Hooriyo IDP School, Daynile, District, Somalia, Constructed by FENPS with ECW Grant in 2017 Credits: Save the Children

Education Cannot Wait facilitated the development of the programmes under the leadership of the three Education Authorities with a wide range of national and international partners. With this seed funding allocation, the Fund aims to catalyze additional financing from donors towards the total budget of the programmes that amounts to $191 million over the 2019-2021 period.

“This investment unites partners around quality education for over  half a million vulnerable girls and boys in Somalia. Finally, they will have an opportunity to lift themselves out of a cycle of disenfranchisement, violence and crisis,” said Education Cannot Wait Director, Yasmine Sherif. “This investment reaches those left furthest behind. We hope that this marks an end to their long wait for the basic right to education,”  she said. 

An estimated 3 million children are out of school across Somalia and the country has one of the world’s lowest ratios of primary-age children attendance. Only 30 per cent of boys and 21 per cent of girls of primary-school age attend primary school. At the secondary level, access to education is even more limited, especially for girls: 92 per cent of adolescents within the official age range for secondary school are not enrolled in secondary education.
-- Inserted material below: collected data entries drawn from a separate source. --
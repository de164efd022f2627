-- ===== src/Ledger/Events/Laws.antt =====
-- The event log: its operation keys, and what an append leaves alone.
use qwen_autonomous_supervis.Prelude.{
  ℕ, ◌+◌, String, str_eq, str_eq_refl, ◌≡◌, refl, none, some, List, arith, if◌then◌else◌, exists,
  Bool-cases, inl, inr,
}
use qwen_autonomous_supervis.Ledger.Events.{Event, Details, clashes, append_event, event_count}

-- A keyed append puts its key into the log or finds it there: a second one with that key changes
-- nothing, whatever its kind and details.
pub append_event_again :
    (at at' : ℕ) (kind kind' k : String) (d d' : Details) (es : List Event)
    → d.operation_key ≡ some k
    → d'.operation_key ≡ some k
    → append_event at' kind' d' (append_event at kind d es).1
      ≡ (none, (append_event at kind d es).1)
unfolding append_event
append_event_again at at' kind kind' k d d' es p q =
    elim (Bool-cases (exists (clashes (some k)) es)) [
      | inl e ↦ rw (p, e, q, e) refl
      | inr e ↦ rw (p, e, q, str_eq_refl k) refl
    ]

-- What an append adds to the count of a kind: one event of its own kind, if its key is new.
pub event_count-append_event :
    (at : ℕ) (kind j : String) (d : Details) (es : List Event)
    → event_count j (append_event at kind d es).1
      ≡ (if exists (clashes d.operation_key) es then 0 else if str_eq kind j then 1 else 0)
        + event_count j es
unfolding append_event event_count
event_count-append_event at kind j d es = ground arith
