-- ===== src/Runtime/Tick/Delays.antt =====
-- The waits between ticks of src/qas/runtime.py after a failure.
use qwen_autonomous_supervis.Prelude.{ℕ, ◌-◌, ◌*◌, ◌^◌, ◌≤◌, ◌≡◌, refl, min, arith}
use native.Mathlib.Nat.{one-le-pow, pow-le-pow_right, mul-le-mul_left, mul-one}
use qwen_autonomous_supervis.Config.{SupervisorConfig}
use qwen_autonomous_supervis.Runtime.Tick.Handler.{retry_delay}

-- The wait after a failure lies between the smaller of the two bounds of the configuration and the
-- maximum, is the base after the first failure (if that is not above the maximum), and never falls as
-- the failures of the same kind go on.
pub retry_delay_lem :
    (c : SupervisorConfig) (n m : ℕ)
    → n ≤ m
    → (min c.recovery.retry_base_seconds c.recovery.retry_maximum_seconds ≤ retry_delay c n)
      × ((retry_delay c n ≤ c.recovery.retry_maximum_seconds)
          × ((retry_delay c 1 ≡ min c.recovery.retry_maximum_seconds c.recovery.retry_base_seconds)
              × (retry_delay c n ≤ retry_delay c m)))
unfolding retry_delay
retry_delay_lem c n m h =
    let base = c.recovery.retry_base_seconds in
    let once : base * 1 ≤ base * 2 ^ (n - 1) =
      mul-le-mul_left base (one-le-pow (n - 1) 2 (omega arith)) in
    let more : base * 2 ^ (n - 1) ≤ base * 2 ^ (m - 1) =
      mul-le-mul_left base
        (pow-le-pow_right {n = 2} (omega arith) {i = n - 1} {j = m - 1} (omega (arith, h))) in
    (omega (arith, once), (omega arith, (simp (mul-one base) refl, omega (arith, more))))
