-- ===== src/Runtime/Tick/Settled.antt =====
-- What a failed tick of src/qas/runtime.py leaves in the ledger: its run, and the moment of the next tick.
use qwen_autonomous_supervis.Prelude.{
  ℕ, ◌+◌, ◌≤◌, String, str_eq_refl, ◌≡◌, refl, sym, inl, inr, Bool, true, false, List, ◌&&◌, min,
  Bool-cases, arith,
}
use qwen_autonomous_supervis.Prelude.Int.{pos}
use qwen_autonomous_supervis.Json.{real}
use qwen_autonomous_supervis.Errors.{Exception, Result, ok, err, text}
use qwen_autonomous_supervis.Effects.Rules.{
  Post, returned, raised, Triple, Triple-bind, Triple-catch, Triple-give, Triple-throw, Post-either,
  Post-ok, Triple-finally,
}
use qwen_autonomous_supervis.Effects.Returns.{
  Yields, yields, raises, Returns, Returns-bind, Returns-any, Returns-give,
}
use qwen_autonomous_supervis.Config.{SupervisorConfig}
use qwen_autonomous_supervis.Ledger.{Ledger}
use qwen_autonomous_supervis.Ledger.Leases.{seconds}
use qwen_autonomous_supervis.Ledger.Events.{Event, Details}
use qwen_autonomous_supervis.Ledger.Checkpoints.{get_checkpoint, get_checkpoint-set_checkpoint}
use qwen_autonomous_supervis.Ledger.Failures.{Failure}
use qwen_autonomous_supervis.Ledger.Runs.Laws.{is_open, is_open-fail_active_run}
use qwen_autonomous_supervis.Runtime.Answers.{Answers, Tools, TickOutcome}
use qwen_autonomous_supervis.Runtime.Evidence.{
  Reaction, pauses, blocks, violates, breaks, fails, escapes, reaction,
  checkpoint_recovery_worktree_keeps,
}
use qwen_autonomous_supervis.Runtime.Tick.Steps.{within, Tick, TickState, on_ledger, log, save}
use qwen_autonomous_supervis.Runtime.Tick.Handler.{
  recover_from, pause, fail_tick, await_dependency, count_and_wait, may_be_transient, fail_run,
  wait, checkpoint_if_started, count_failure, note_violation, with_failures, pause_delay,
}
use qwen_autonomous_supervis.Runtime.Tick.Run.{supervise, finish_tick, release, work}
use qwen_autonomous_supervis.Runtime.Tick.Delays.{retry_delay_lem}

module _ (c : SupervisorConfig) (t : Tools) (a : Answers) where
  -- The tick's run is not active, and the next tick waits for at least the smaller bound.
  pub record IsSettled (s : TickState) : Type 0 where
    pub closed : is_open a.run_id s.ledger.runs ≡ false
    pub delay : ℕ
    pub enough : min c.recovery.retry_base_seconds c.recovery.retry_maximum_seconds ≤ delay
    pub next :
        get_checkpoint "next_allowed_epoch" s.ledger.checkpoints
        ≡ real (pos (a.ended_at + seconds delay))

  abbrev IsClosed : TickState → Type 0
  IsClosed s = is_open a.run_id s.ledger.runs ≡ false

  abbrev Anything : Exception → TickState → Type 0
  Anything e s = Unit {0}

  -- A step that keeps `P` however it ends.
  keeps :
      {A : Type 0} (P : TickState → Type 0) (m : Tick A)
      → ((s : TickState) → P s → P (m s).1)
      → Triple P m (λ _. P) Anything
  keeps P m k = record { at = λ s h. Post-either _ _ (λ _. k s h) (λ _. tt) }

  fail_run-Triple :
      (e : Exception) → Triple (λ _. Unit {0}) (fail_run c t a e) (λ _. IsClosed) Anything
  unfolding fail_run on_ledger
  fail_run-Triple e = record {
    at = λ s h. returned (
        rw (is_open-fail_active_run _ a.run_id a.run_id _ s.ledger.runs, str_eq_refl a.run_id)
          refl);
  }

  recovery-Triple : Triple IsClosed (checkpoint_if_started c t a) (λ _. IsClosed) Anything
  unfolding checkpoint_if_started within
  recovery-Triple = Triple-bind _ _ (keeps IsClosed _ (λ s h. h)) λ started.
      elim (Bool-cases started) [
        | inl y ↦ rw y (
            keeps IsClosed _ (λ s h.
              rw
                (checkpoint_recovery_worktree_keeps a.ended_at a.interrupted_head
                  a.interrupted_worktree s.ledger).0
                h))
        | inr n ↦ rw n (Triple-give _ (λ s h. h))
      ]

  wait-Triple :
      (d : ℕ)
      → min c.recovery.retry_base_seconds c.recovery.retry_maximum_seconds ≤ d
      → Triple IsClosed (wait c t a d) (λ _. IsSettled) Anything
  unfolding wait save
  wait-Triple d h = record {
    at = λ s k. returned (record {
      closed = k;
      delay = d;
      enough = h;
      next =
          rw
            (get_checkpoint-set_checkpoint a.ended_at "next_allowed_epoch" "next_allowed_epoch"
              (real (pos (a.ended_at + seconds d))) s.ledger.checkpoints)
            refl;
    });
  }

  -- An event moves neither.
  log-Triple :
      (P : TickState → Type 0) (at : ℕ) (kind : String) (d : Details)
      → ((s : TickState) (es : List Event)
          → P s
          → P (record s { ledger = record s.ledger { events = es } }))
      → Triple P (log at kind d) (λ _. P) Anything
  unfolding log
  log-Triple P at kind d k = record { at = λ s h. returned (k s _ h) }

  IsSettled-log :
      (at : ℕ) (kind : String) (d : Details)
      → Triple IsSettled (log at kind d) (λ _. IsSettled) Anything
  IsSettled-log at kind d =
      log-Triple IsSettled at kind d
        λ s es h. record { closed = h.closed; delay = h.delay; enough = h.enough; next = h.next }

  IsClosed-log :
      (at : ℕ) (kind : String) (d : Details)
      → Triple IsClosed (log at kind d) (λ _. IsClosed) Anything
  IsClosed-log at kind d = log-Triple IsClosed at kind d λ s es h. h

  abbrev Outcome : TickOutcome → TickState → Type 0
  Outcome o s = o.success ≡ false → IsSettled s

  abbrev Settles : Tick TickOutcome → Type 0
  Settles m = Triple (λ _. Unit {0}) m Outcome Anything

  pause-Triple : (e : Exception) → Settles (pause c t a e)
  unfolding pause pause_delay
  pause-Triple e = Triple-bind _ _ (fail_run-Triple e) λ _. Triple-bind _ _ recovery-Triple λ _.
      Triple-bind _ _ (wait-Triple _ (omega arith))
        λ _. Triple-bind _ _ (IsSettled-log _ _ _) λ _. Triple-give _ (λ s h n. h)

  await-Triple : (e : Exception) → Triple IsClosed (await_dependency c t a e) Outcome Anything
  unfolding await_dependency
  await-Triple e = Triple-bind _ _ recovery-Triple λ _.
      Triple-bind _ _ (wait-Triple _ (omega arith))
        λ _. Triple-bind _ _ (IsSettled-log _ _ _) λ _. Triple-give _ (λ s h n. h)

  violation-Triple :
      (e : Exception) (r : Reaction)
      → Triple IsClosed (note_violation c t a e r) (λ _. IsClosed) Anything
  unfolding note_violation
  violation-Triple e violates = IsClosed-log _ _ _
  violation-Triple e pauses = Triple-give _ (λ s h. h)
  violation-Triple e blocks = Triple-give _ (λ s h. h)
  violation-Triple e breaks = Triple-give _ (λ s h. h)
  violation-Triple e fails = Triple-give _ (λ s h. h)
  violation-Triple e escapes = Triple-give _ (λ s h. h)

  with_failures-runs :
      (l : Ledger) (r : Result ((ℕ × Bool) × List Failure)) → (with_failures l r).1.runs ≡ l.runs
  with_failures-runs l (ok r) = refl
  with_failures-runs l (err e) = refl

  count_failure-Triple :
      (e : Exception) → Triple IsClosed (count_failure c t a e) (λ _. IsClosed) Anything
  unfolding count_failure
  count_failure-Triple e = keeps IsClosed _ λ s h. rw (with_failures-runs s.ledger _) h

  count-Triple : (e : Exception) → Triple IsClosed (count_and_wait c t a e) Outcome Anything
  unfolding count_and_wait
  count-Triple e = Triple-bind _ _ (violation-Triple e _) λ _. Triple-bind _ _ recovery-Triple λ _.
      Triple-bind _ _ (count_failure-Triple e) λ n.
        Triple-bind _ _ (keeps IsClosed _ (λ s h. h)) λ _. Triple-bind _ _ (IsClosed-log _ _ _) λ _.
          Triple-bind _ _ (wait-Triple _ (retry_delay_lem c n.0 n.0 (omega arith)).0)
            λ _. Triple-give _ (λ s h n. h)

  fail-Triple : (e : Exception) → Settles (fail_tick c t a e)
  unfolding fail_tick
  fail-Triple e = Triple-bind _ _ (fail_run-Triple e) λ _.
      elim (Bool-cases (may_be_transient (reaction e) && t.is_transient (text e))) [
        | inl y ↦ rw y (await-Triple e)
        | inr n ↦ rw n (count-Triple e)
      ]

  recover-Triple : (e : Exception) (r : Reaction) → Settles (recover_from c t a e r)
  unfolding recover_from
  recover-Triple e pauses = pause-Triple e
  recover-Triple e escapes = Triple-throw _ (λ s h. tt)
  recover-Triple e blocks = fail-Triple e
  recover-Triple e violates = fail-Triple e
  recover-Triple e breaks = fail-Triple e
  recover-Triple e fails = fail-Triple e

  Returns-work : Returns (λ o. o.success ≡ true) (work c t a)
  unfolding work finish_tick
  Returns-work = Returns-bind _ _ (Returns-any _) λ _ _. Returns-bind _ _ (Returns-any _) λ _ _.
      Returns-bind _ _ (Returns-any _) λ _ _. Returns-bind _ _ (Returns-any _) λ _ _.
        Returns-bind _ _ (Returns-any _) λ _ _.
          Returns-bind _ _ (Returns-any _)
            λ _ _. Returns-bind _ _ (Returns-any _) λ _ _. Returns-give _ refl

  work-Triple : Triple (λ _. Unit {0}) (work c t a) Outcome (λ _ _. Unit {0})
  work-Triple = record { at = λ s h. succeeded (Returns-work.at s) }
    where
      succeeded :
          {r : Result TickOutcome} {s : TickState}
          → Yields (λ o. o.success ≡ true) r
          → Post Outcome (λ _ _. Unit {0}) r s
      succeeded (yields y) = returned (λ n. cc (y, n))
      succeeded raises = raised tt

  supervise-Triple : Settles (supervise c t a)
  unfolding supervise release
  supervise-Triple = Triple-bind _ _ (log-Triple (λ _. Unit {0}) _ _ _ (λ s es h. h)) λ _.
      Triple-finally _ _ (Triple-catch _ _ work-Triple (λ e. recover-Triple e _))
        (λ o s k n.
          let h = k n in
          record { closed = h.closed; delay = h.delay; enough = h.enough; next = h.next })
        (λ e s h. h)

  -- If a tick that holds the lease returns an outcome that is no success, then its run is not active, and
  -- the stored moment of the next tick is at least the smaller of the two retry bounds after the end.
  pub supervise-IsSettled :
      (s : TickState) (o : TickOutcome)
      → (supervise c t a s).0 ≡ ok o
      → o.success ≡ false
      → IsSettled (supervise c t a s).1
  supervise-IsSettled s o h n =
      Post-ok {Q = Outcome} {E = Anything} {a = o} (rw (sym h) (supervise-Triple.at s tt)) n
Children uprooted by the crisis are also particularly affected, with nearly two-thirds of displaced children not attending school.

The three programmes focus on increasing equitable access to quality education, providing safe learning environments and ensuring retention and improved learning outcomes for the most vulnerable girls and boys.  Displaced, returnee and host community children as well as children living in remote areas are specifically targeted. Activities include the rehabilitation of schools, school-feeding programmes, psychosocial support, alternative basic education and the provision of teaching and learning materials. Training and awarenesss-raising activities to increase enrolment and retention rates, address barriers to girls’ education and promote child protection and safeguarding best practices are also planned. 

Education Cannot Wait’s initial $14 million allocation is distributed over 2019-2020, with $7 million being disbursed the first year to kickstart the three programmes and $7million to be disbursed the second year, subject to satisfactory performance.

The three multi-year programmes were developed over several months in close collaboration with in-country education partners and donors. The programmes are aligned to the Education Sector Strategic Plans, Somalia’s humanitarian response plan and the Joint Resilience Action Programme produced by UN agencies in-country.

The multi-year programmes build on the achievements of Education Cannot Wait’s 2017-2018 First Emergency Response programme of $4.9 million in Somalia which focused on retaining children in schools through school feeding programmes, access to safe drinking water and promotion of hygiene best practices, support to teachers with emergency incentives, support to Community Education Committees, and the provision of teaching and learning supplies.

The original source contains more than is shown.